Alvedro-Ruiz Pedro, Trapero-Ovejero Ana, Ferràs-Tarragó Joan, Pérez-García Alberto, Thione Alessandro
Department of Plastic and Reconstructive Surgery, University and Polytechnic Hospital La Fe, Valencia, Spain.
Department of Orthopaedic Surgery, University and Polytechnic Hospital La Fe, Valencia, Spain.
J Wrist Surg. 2024 Apr 15;14(4):342-349. doi: 10.1055/s-0044-1785499. eCollection 2025 Aug.

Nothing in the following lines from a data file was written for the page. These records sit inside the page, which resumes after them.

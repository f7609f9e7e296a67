-- ===== src/Daemon/Started.antt =====
-- The machine that the daemon starts with.
use Prim.Native.String.{String}
use mathlib.Core.Path.{subst}
use openpressod.Prelude.{true, false, [], ◌≡◌, ap, refl, arith}
use openpressod.Core.{Core, Readings}
use openpressod.Results.{Result, ok, >>=-returns}
use openpressod.Files.{File, Json}
use openpressod.Config.{ConfigLibrary}
use openpressod.Config.Boiler.{
  heater_ready_hysteresis_period, brew_temperature_window, steam_temperature_window,
}
use openpressod.ConfigMaker.Labels.{
  brew_profiler_label, brew_temperature_controller_label, steam_controller_label,
  steam_button_label, weight_sensor_label,
}
use openpressod.ConfigMaker.Components.{DeviceConfig}
use openpressod.ConfigMaker
use openpressod.Status.{StatusManager}
use openpressod.Status.Consistent.{Dark}
use openpressod.Machine.{StateManager}
use openpressod.Machine
use openpressod.Machine.Safety.{IsSafe, set_steam_temperature-IsSafe, set_callback-IsSafe}
use openpressod.Machine.Reach.{AtRest, make-IsSafe}
use openpressod.Machine.Publishing.{set_callback-installed}
use openpressod.Machine.Behaviour.{set_steam_temperature-keeps, set_callback-keeps}
use openpressod.Profiles.{BrewProfileManager, apply_brew_profile}
use openpressod.Profiles.Apply.{apply-IsValidProfile, apply_brew_profile-IsSafe}
use openpressod.Settings.{UserSettingsManager, apply_settings}
use openpressod.Dispatcher.{Dispatcher}
use openpressod.Dispatcher
use openpressod.Daemon.{boot}
use openpressod.Daemon.Boot.{Boots-iff}
use openpressod.Daemon.Start.{
  Hardware, Daemon, make_leds, make_state_manager, setup_logger, make_status_manager,
  profile_manager, settings_manager, start,
}

pub ok_injective : {A : Type 0} {x y : A} → ok x ≡ ok y → x ≡ y
ok_injective h = ground arith

-- New components: no brew, no heater on, and every light off.
pub record IsFresh {core : Core} (hw : Hardware core) : Type 0 where
  pub at_rest :
      AtRest core
        (hw.profiler brew_profiler_label)
        (hw.temperature_controller brew_temperature_controller_label)
        (hw.temperature_controller steam_controller_label)
  pub dark : Dark (make_leds hw)

-- Off, safe, with no subscriber, and set to the temperatures of its profile and its settings.
pub record IsReady {core : Core} (d : Dispatcher core) : Type 0 where
  pub safe : IsSafe d.state_manager
  pub off : d.state_manager.power ≡ false
  pub not_brewing : core.is_brewing d.state_manager.brew_profiler ≡ false
  pub installed : d.state_manager.status_manager.callback_installed ≡ true
  pub no_sinks : d.events_sinks ≡ []
  pub brew_target :
      core.target_temperature d.state_manager.brew_temperature_controller
      ≡ d.brew_profile_manager.current_profile.temperature
  pub steam_target :
      core.target_temperature d.state_manager.steam_controller
      ≡ d.user_settings_manager.current_settings.steam_temperature

module _ {core : Core} where
  boot-IsReady :
      (r : Readings) (s : StateManager core) (p : BrewProfileManager) (u : UserSettingsManager)
      (d : Dispatcher core)
      → boot r s p u ≡ ok d
      → IsSafe s
      → s.power ≡ false
      → IsReady d
  unfolding boot Dispatcher.make apply_settings
  boot-IsReady r s p u d h v off =
      let (idle, known) = (Boots-iff r s p u).0 (d, h) in
      let n = (apply_brew_profile r p s).1 in
      let t = u.current_settings.steam_temperature in
      let m = apply_settings r u n in
      let applied = apply-IsValidProfile r p s idle known in
      let safe =
        set_callback-IsSafe m
          (set_steam_temperature-IsSafe t r n (apply_brew_profile-IsSafe r p s v)) in
      let steam = set_steam_temperature-keeps t r n in
      let called = set_callback-keeps m in
      let same : Dispatcher.make m p u ≡ d = ground arith in
      subst IsReady same (record {
        safe = safe;
        off = ground arith;
        not_brewing = ground (arith, core.is_brewing-set_steps, core.is_brewing-set_auto_stop);
        installed = set_callback-installed m;
        no_sinks = refl;
        brew_target = ground arith;
        steam_target = ground arith;
      })

  make_state_manager-IsSafe :
      (lib : ConfigLibrary) (config : lib.Value) (hw : Hardware core) (status : StatusManager core)
      → make_status_manager lib config (make_leds hw) ≡ ok status
      → IsFresh hw
      → IsSafe (make_state_manager hw status)
  unfolding make_status_manager make_state_manager
  make_state_manager-IsSafe lib config hw status h v =
      let (period, made, e) = >>=-returns (heater_ready_hysteresis_period lib config) _ status h in
      let same = ok_injective made in
      subst (λ s. IsSafe (make_state_manager hw s)) same
        (make-IsSafe (hw.button_state steam_button_label) (hw.profiler brew_profiler_label)
          (hw.temperature_controller brew_temperature_controller_label)
          (hw.temperature_controller steam_controller_label) (hw.scale weight_sensor_label)
          (brew_temperature_window lib config) (steam_temperature_window lib config) period
          (make_leds hw) v.at_rest v.dark)

  -- Whatever the configuration and the files, a daemon whose constructor throws nothing, on components
  -- that are new, holds a machine that is off, does not brew and meets the safety invariant, has no
  -- subscribers, and has set the two target temperatures of its current profile and settings.
  pub start-IsReady :
      (lib : ConfigLibrary) (config : lib.Value) (json : Json) (files : String → File)
      (get_core : DeviceConfig lib → Result (Hardware core)) (r : Readings) (d : Daemon core)
      → ((c : DeviceConfig lib) (hw : Hardware core) → get_core c ≡ ok hw → IsFresh hw)
      → start lib config get_core json files r ≡ ok d
      → IsReady d.dispatcher
  unfolding start make_state_manager Machine.make
  start-IsReady lib config json files get_core r d fresh h =
      let (logger, h1, e1) = >>=-returns (setup_logger lib config) _ d h in
      let (device, h2, e2) = >>=-returns (ConfigMaker.make lib config) _ d h1 in
      let (hw, h3, e3) = >>=-returns (get_core device) _ d h2 in
      let (status, h4, e4) = >>=-returns (make_status_manager lib config (make_leds hw)) _ d h3 in
      let m = make_state_manager hw status in
      let (dispatcher, h5, e5) =
        >>=-returns
          (boot r m (profile_manager lib config json core files)
            (settings_manager lib config json files))
          _ d h4 in
      let safe = make_state_manager-IsSafe lib config hw status e4 (fresh device hw e3) in
      let same = ap (λ x. x.dispatcher) (ok_injective h5) in
      subst IsReady same (
        boot-IsReady r m (profile_manager lib config json core files)
          (settings_manager lib config json files) dispatcher e5 safe refl)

Distal radius (DR) reconstruction due to high-energy trauma, degenerative processes, and oncologic resections can be a challenge when the articular surface is destroyed or resected. This study investigates the possibility of using the cuboid bone of the foot to replace the osteoarticular surface of DR. We compared the three-dimensional (3D) morphology of the articular surface of three foot bones with that of the DR to analyze which one would be the most suitable to replace it. 3D bone models were created from a computed tomography (CT) scan database. The articular surfaces of calcaneus, cuboid bone, and lateral cuneiform bone were compared with that of the DR using the Hausdorff-Besicovitch morphometry analysis. Mean, maximum, and minimum differences were obtained and statistically analyzed. The cuboid bone had a mean overall area difference with the DR of 0.72 mm (standard deviation [SD], 0.03 mm). The lateral cuneiform bone showed 0.89 mm (SD, 0.08 mm). The calcaneus presented 1.04 mm (SD, 0.06 mm). The differences and the variability of the articular surface were statistically lower in the cuboid bone. The articular surface of the cuboid bone has many similarities to the articular surface of the DR and had the most similarities to the DR of the foot bones study. The cuboid bone could be considered as a replacement for the DR in cases where there is a need for osteoarticular replacement or reconstruction. Further investigations are warranted. A vascularized transfer of the cuboid bone may be a suitable option to replace a DR given the anatomical similarities reported.
由于高能创伤、退行性病变和肿瘤切除导致的桡骨远端(DR)重建,在关节面遭到破坏或切除时可能是一项挑战。本研究探讨了使用足部骰骨替代DR骨关节面的可能性。
我们比较了三块足部骨骼的关节面与DR关节面的三维(3D)形态,以分析哪一块骨骼最适合替代它。
从计算机断层扫描(CT)扫描数据库创建3D骨骼模型。使用豪斯多夫-贝西科维奇形态测量分析,将跟骨、骰骨和外侧楔骨的关节面与DR的关节面进行比较。获得平均、最大和最小差异并进行统计分析。
骰骨与DR的平均总面积差异为0.72毫米(标准差[SD],0.03毫米)。外侧楔骨为0.89毫米(SD,0.08毫米)。跟骨为1.04毫米(SD,0.06毫米)。骰骨关节面的差异和变异性在统计学上更低。
骰骨的关节面与DR的关节面有许多相似之处,在足部骨骼研究中与DR的相似性最高。在需要进行骨关节置换或重建的情况下,骰骨可被视为DR的替代物。有必要进行进一步研究。
鉴于所报道的解剖学相似性,带血管蒂的骰骨转移可能是替代DR的合适选择。